Lines that include "answers" make up the answer; copy all of them from the data below.
####
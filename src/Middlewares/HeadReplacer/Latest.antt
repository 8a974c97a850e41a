-- ===== src/Middlewares/HeadReplacer/Latest.antt =====
-- What svc/node/middlewares/headreplacer/headreplacer.go makes of the tag `latest`.
use Prim.Native.String.{◌++◌ as ◌⧺◌}
use venn.Prelude.{
  ℕ, zero, suc, ◌+◌, ◌^◌, ◌<◌, ◌≡◌, ◌≢◌, refl, ap, ◌∙◌, Option, none, some, List, [], ◌∷◌, arith,
  get_elem?, set, length, Bool-cases, ◌==◌, if◌then◌else◌, inl, inr,
}
use venn.Prelude.Int.{eqb_ℤ, ℤ, pos}
use venn.Prelude.Decimal.{itoa}
use venn.Rpc.{
  invalid_params, no_chain, Json, arr, nil, cons, to_list, of_list, Params, absent, doc, raw_list,
  Chain, Request, Hexutil, Result, ok, err,
}
use venn.Ethtypes.BlockNumber.{latest, unmarshal, marshal_block, to_int64}
use venn.Ethtypes.BlockNumber.RoundTrip.{unmarshal-marshal_block}
use venn.Ethtypes.Filter.{FilterQuery, decode_query, marshal_query}
use venn.Ethtypes.Filter.RoundTrip.{decode-marshal_query}
use venn.Middlewares.HeadReplacer.{
  replace_decoded, or_latest, to_numeric, with_number, replace_listed, replace, both_numbers,
  replace_range,
}

to_list-of_list : (js : List Json) → to_list (of_list js) ≡ js
unfolding to_list of_list
to_list-of_list [] = refl
to_list-of_list (j ∷ js) = ap (λ (r : List Json). j ∷ r) (to_list-of_list js)

get_elem?-lt : (js : List Json) (i : ℕ) (j : Json) → get_elem? js i ≡ some j → i < length js
get_elem?-lt [] i j h = ground arith
get_elem?-lt (x ∷ js) zero j h = omega arith
get_elem?-lt (x ∷ js) (suc i) j h = omega (arith, get_elem?-lt js i j h)

module _ (hex : Hexutil) {S : Type 0} (get : Chain → S → Result ℕ) where
  to_numeric-latest :
      (c : Chain) (s : S) (head : ℕ)
      → get c s ≡ ok head
      → 0 < head
      → head < 2 ^ 63
      → to_numeric get c latest s ≡ ok (some (pos head))
  unfolding to_numeric
  to_numeric-latest c s head g p h = ground arith

  to_numeric-other : (c : Chain) (s : S) (bn : ℤ) → bn ≢ latest → to_numeric get c bn s ≡ ok none
  unfolding to_numeric
  to_numeric-other c s bn n = ground arith

  unwrap :
      (r : Request) (c : Chain) (d : Json) (index : ℕ) (s : S)
      → r.chain ≡ some c
      → r.params ≡ doc d
      → replace hex get r index s ≡ replace_listed hex get r index c s (raw_list r.params)
  unfolding replace
  unwrap r c d index s rc rd =
      ap
        (λ (o : Option Chain). elim o [
          | none ↦ err no_chain
          | some chain ↦ elim r.params [
            | absent ↦ err (invalid_params "expected parameters")
            | _ ↦ replace_listed hex get r index chain s (raw_list r.params)
          ]
        ])
        rc
      ∙ ap
          (λ (o : Params). elim o [
            | absent ↦ err (invalid_params "expected parameters")
            | _ ↦ replace_listed hex get r index c s (raw_list r.params)
          ])
          rd

  decoded :
      (r : Request) (c : Chain) (params : List Json) (index : ℕ) (j : Json) (bn : ℤ) (s : S)
      → raw_list r.params ≡ some params
      → get_elem? params index ≡ some j
      → unmarshal hex j ≡ some bn
      → replace_listed hex get r index c s (raw_list r.params)
        ≡ with_number hex get r params index (to_numeric get c bn s)
  decoded r c params index j bn s rl rj u =
      ap (replace_listed hex get r index c s) rl
      ∙ ap
          (λ (o : Option Json). elim o [
            | none ↦
                err (invalid_params ("need at least " ⧺ itoa (pos (index + 1)) ⧺ " parameters"))
            | some j ↦ replace_decoded hex get r params index c s (unmarshal hex j)
          ])
          rj
      ∙ ap (replace_decoded hex get r params index c s) u

  -- Where a request has a chain and a list of parameters, its parameter at the index reads as
  -- `latest`, and the store answers with a head above 0 and below 2^63, the request that goes on
  -- differs only in its parameters: the one at the index reads as the head, and every other one is
  -- the old one.
  pub replace-latest :
      (r : Request) (c : Chain) (d : Json) (params : List Json) (index head : ℕ) (j : Json) (s : S)
      → r.chain ≡ some c
      → r.params ≡ doc d
      → raw_list r.params ≡ some params
      → get_elem? params index ≡ some j
      → unmarshal hex j ≡ some latest
      → get c s ≡ ok head
      → 0 < head
      → head < 2 ^ 63
      → (new : Json) × (replace hex get r index s
          ≡ ok (record r { params = doc (arr (of_list (set params index new))) }))
        × (unmarshal hex new ≡ some (pos head))
  unfolding replace
  replace-latest r c d params index head j s rc rd rl rj u g p h = (
    marshal_block hex (pos head),
    unwrap r c d index s rc rd
        ∙ decoded r c params index j latest s rl rj u
        ∙ ap (with_number hex get r params index) (to_numeric-latest c s head g p h),
    unmarshal-marshal_block hex (pos head) (omega arith) (omega arith),
  )

  -- Where a request has a chain and a list of parameters, and its parameter at the index reads as
  -- a block number other than `latest`, the request goes on as it came.
  pub replace-other :
      (r : Request) (c : Chain) (d : Json) (params : List Json) (index : ℕ) (j : Json) (bn : ℤ)
      (s : S)
      → r.chain ≡ some c
      → r.params ≡ doc d
      → raw_list r.params ≡ some params
      → get_elem? params index ≡ some j
      → unmarshal hex j ≡ some bn
      → bn ≢ latest
      → replace hex get r index s ≡ ok r
  replace-other r c d params index j bn s rc rd rl rj u n =
      unwrap r c d index s rc rd
      ∙ decoded r c params index j bn s rl rj u
      ∙ ap (with_number hex get r params index) (to_numeric-other c s bn n)

  range_open :
      (r : Request) (q : FilterQuery hex.Address hex.Hash) (c : Chain) (s : S)
      → q.block_hash ≡ none
      → replace_range hex get r q c s
        ≡ both_numbers hex get r q
            (to_numeric get c (or_latest q.from_block) s)
            (to_numeric get c (or_latest q.to_block) s)
  unfolding replace_range
  range_open r q c s e =
      ap
        (λ (o : Option hex.Hash). elim o [
          | some h ↦ ok r
          | none ↦
              both_numbers hex get r q (to_numeric get c (or_latest q.from_block) s)
                (to_numeric get c (or_latest q.to_block) s)
        ])
        e

  -- Where `eth_getLogs` asks for no block hash, its range starts and ends at `latest` or leaves
  -- them out, and the store answers with a head above 0 and below 2^63, the request that goes on
  -- asks for the range from the head to the head, and for the rest as before.
  pub replace_range-latest :
      (r : Request) (q : FilterQuery hex.Address hex.Hash) (c : Chain) (head : ℕ) (s : S)
      → q.block_hash ≡ none
      → or_latest q.from_block ≡ latest
      → or_latest q.to_block ≡ latest
      → get c s ≡ ok head
      → 0 < head
      → head < 2 ^ 63
      → (new : Json) × (replace_range hex get r q c s
          ≡ ok (record r { params = doc (arr (cons new nil)) }))
        × (decode_query hex new
            ≡ some (record q { from_block = some (pos head); to_block = some (pos head) }))
  replace_range-latest r q c head s e f t g p h =
      let n = to_numeric-latest c s head g p h in
      let q' = record q { from_block = some (pos head); to_block = some (pos head) } in
      (
        marshal_query hex q',
        range_open r q c s e
            ∙ ap
                (λ (bn : ℤ).
                  both_numbers hex get r q (to_numeric get c bn s)
                    (to_numeric get c (or_latest q.to_block) s))
                f
            ∙ ap
                (λ (bn : ℤ).
                  both_numbers hex get r q (to_numeric get c latest s) (to_numeric get c bn s))
                t
            ∙ ap (λ (n : Result (Option ℤ)). both_numbers hex get r q n n) n,
        decode-marshal_query hex q' (omega arith, omega arith) (omega arith, omega arith),
      )

  to_numeric-ok :
      (c : Chain) (s : S) (head : ℕ) (bn : ℤ)
      → get c s ≡ ok head
      → (n : Option ℤ) × (to_numeric get c bn s ≡ ok n)
  unfolding to_numeric
  to_numeric-ok c s head bn g = elim (Bool-cases (eqb_ℤ bn latest)) [
    | inl e ↦ (if head == 0 then none else some (to_int64 head), ground arith)
    | inr e ↦ (none, ground arith)
  ]

  -- Where `eth_getLogs` asks for no block hash, its range starts at a block other than `latest`,
  -- and the store answers with a head, the request goes on as it came: an end at `latest` stays.
  pub replace_range-mixed :
      (r : Request) (q : FilterQuery hex.Address hex.Hash) (c : Chain) (head : ℕ) (s : S)
      → q.block_hash ≡ none
      → or_latest q.from_block ≢ latest
      → get c s ≡ ok head
      → replace_range hex get r q c s ≡ ok r
  replace_range-mixed r q c head s e n g =
      let (to, t) = to_numeric-ok c s head (or_latest q.to_block) g in
      range_open r q c s e
      ∙ ap
          (λ (from : Result (Option ℤ)).
            both_numbers hex get r q from (to_numeric get c (or_latest q.to_block) s))
          (to_numeric-other c s (or_latest q.from_block) n)
      ∙ ap (both_numbers hex get r q (ok none)) t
####
# EXERCISE ANSWER
  -- `latest`, and the store answers with a head above 0 and below 2^63, the request that goes on
  -- them out, and the store answers with a head above 0 and below 2^63, the request that goes on
  -- and the store answers with a head, the request goes on as it came: an end at `latest` stays.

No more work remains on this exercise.